The kitchen was in the basement, and though it was hardly up to date, it was workable enough. (Although I did have to buy almost a whole new set of cookware, as what was there seemed to have not been updated, or for that matter cleaned, since before the war that was supposed to end all wars.) Whenever I arrived home from work in good time, we always had dinner together, cooked by my mother, or me when I could sneak my way past her to the stove. One morning, we decided we would prepare a chicken or something of the like that evening for dinner. Felicity said she would roast some potatoes, and as we all love roast potatoes we thought this was a wonderful idea.

That evening as we drank our usual predinner cocktails and snacked on olives, prosciutto, etc., Felicity pulled from a paper bag a load of gorgeous yellow potatoes, peeled them, and placed them into a pot of boiling water. I asked what she was doing and she said, “I’m making roast potatoes.” I was confused because as far as I have always known, boiling is the opposite of roasting, but I said nothing. A while later I noticed her setting the oven to a very high heat and filling a roasting pan with what seemed like a gallon and a half of goose fat. Again I said nothing. When the potatoes were boiled to her liking, she drained the water, placed the top on the pot, and with oven-mitted hands, grabbed the handles with firm assurance (much in the way a pig farmer grabs the ears of a sow and drags it to slaughter) and shook that pot with a strength and vigor I didn’t know her slender frame possessed.

“I’m confused,” I said slowly. “I thought you were making roasted potatoes.”

“I am,” she said flatly, still rigorously at it.

“So, what’s that you’re doing right now?”

“I’m fluffing them up.”

“Oh,” said I, now even more confused.

I turned away to get a glass of wine and when I turned back, I saw that Felicity, having completed the fluffing phase, had opened the oven door, from which a plume of oily smoke billowed, and extracted the roasting pan of bubbling goose fat. My parents and I were doing our best not to panic as the room filled with smoke and Felicity gently placed the pan of scalding liquid avian flab onto the stovetop.

“Sorry. Bit smoky!” she said, laughing and sounding more British than ever, as we ran to open the windows and disarm the fire alarm.

“What the hell are you doing?” I finally asked.

“I’m making roast potatoes!”

“Like that?”

“Yes!” she said, irritation creeping into her voice.

“But, what’s all the oil?” I asked, trying to remain calm.

“It’s goose fat. And that’s what you roast them in! Just… relax.”

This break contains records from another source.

-- ===== src/Adapters/Slices/Shift.antt =====
-- What the arithmetic of `compute_time_slices` on i64 means for times of the graph.
use wingfoil.Base.{
  ℕ, ◌+◌, ◌-◌, ◌*◌, ◌/◌, ◌%◌, ◌≤◌, ◌<◌, ◌≡◌, leb, ◌==◌, if◌then◌else◌, u64_mod, arith, Bool-cases,
  inl, inr,
}
use wingfoil.Time.{from_kdb_timestamp, to_kdb_timestamp, kdb_epoch_offset_nanos}
use wingfoil.Adapters.Slices.{sign, day_nanos, leb_i64, min_i64, sub_i64, div_euclid, div_i64}

-- The KDB timestamp of a time as a bit pattern, and the day since 2000 of a day since 1970.
abbrev pub shift : ℕ → ℕ
shift t = (t + (u64_mod - kdb_epoch_offset_nanos)) % u64_mod

abbrev pub shift_day : ℕ → ℕ
shift_day d = (d + (u64_mod - 10957)) % u64_mod

pub to_kdb_timestamp-shift : (t : ℕ) → t < sign → to_kdb_timestamp t ≡ shift t
unfolding to_kdb_timestamp
to_kdb_timestamp-shift t h = ground arith

pub from_kdb_timestamp-shift : (t : ℕ) → t < sign → from_kdb_timestamp (shift t) ≡ t
unfolding from_kdb_timestamp
from_kdb_timestamp-shift t h = omega arith

pub shift_add : (t k : ℕ) → t + k < sign → (shift t + k) % u64_mod ≡ shift (t + k)
shift_add t k h = omega arith

pub leb_i64-shift : (a b : ℕ) → a < sign → b < sign → leb_i64 (shift a) (shift b) ≡ leb a b
unfolding leb_i64
leb_i64-shift a b ha hb = ground arith

pub min_i64-shift :
    (a b : ℕ)
    → a < sign
    → b < sign
    → from_kdb_timestamp (min_i64 (shift a) (shift b)) ≡ (if leb a b then a else b)
unfolding min_i64
min_i64-shift a b ha hb = elim (Bool-cases (leb a b)) [
  | inl e ↦ rw (leb_i64-shift a b ha hb) (rw e (from_kdb_timestamp-shift a ha))
  | inr e ↦ rw (leb_i64-shift a b ha hb) (rw e (from_kdb_timestamp-shift b hb))
]

pub shift_before : (t : ℕ) → 0 < t → t < sign → sub_i64 (shift t) 1 ≡ shift (t - 1)
shift_before t h k = omega arith

pub div_euclid-shift :
    (t : ℕ) → t < sign → div_euclid (shift t) day_nanos ≡ shift_day (t / day_nanos)
unfolding div_euclid
div_euclid-shift t h = ground arith

pub shift_day-midnight :
    (d : ℕ) → d * day_nanos < sign → shift_day d * day_nanos % u64_mod ≡ shift (d * day_nanos)
shift_day-midnight d h = omega arith

pub shift_day-eq : (a b : ℕ) → a < sign → b < sign → (shift_day a == shift_day b) ≡ (a == b)
shift_day-eq a b ha hb = ground arith

pub sub_i64-shift : (a b : ℕ) → b ≤ a → a < sign → sub_i64 (shift a) (shift b) ≡ a - b
sub_i64-shift a b h k = omega arith

pub sub_i64-shift_day : (a b : ℕ) → b ≤ a → a < sign → sub_i64 (shift_day a) (shift_day b) ≡ a - b
sub_i64-shift_day a b h k = omega arith

pub shift_day_next : (d : ℕ) → d < sign → (shift_day d + 1) % u64_mod ≡ shift_day (d + 1)
shift_day_next d h = omega arith

pub leb_i64-shift_day :
    (a b : ℕ) → a < sign → b < sign → leb_i64 (shift_day a) (shift_day b) ≡ leb a b
unfolding leb_i64
leb_i64-shift_day a b ha hb = ground arith

pub div_i64-positive : (a b : ℕ) → a < sign → b < sign → div_i64 a b ≡ a / b
unfolding div_i64
div_i64-positive a b ha hb = ground arith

I noticed that my father was standing by the open door that led to the garden and was fanning away the smoke with a tea towel, and that my mother was standing in the kitchen doorway safely away from the roiling pan of fat, looking on with furrowed brow. Felicity then calmly took the potatoes, one by one, placed them gently into the pan, and slid the whole thing expertly back into the oven. There was silence for a moment.

“When you said roasted potatoes, I thought that you meant—”

“You thought I meant the way you make them,” she said with a smile.

“Yes. Just cut them up, a little garlic—”

My mother, having crept slowly back into the room, chimed in. “Yes, with garlic, olive oil, rosemary, and salt, and then just… you know… roasted.”

Felicity smiled and laughed. “Oh, yes, those. I love those but these are how we do them. English roast potatoes. They’re what you have with a Sunday roast. These and Yorkshire puddings. My nana taught my mother and me.”

“That’s how much oil they used?” I asked doubtfully.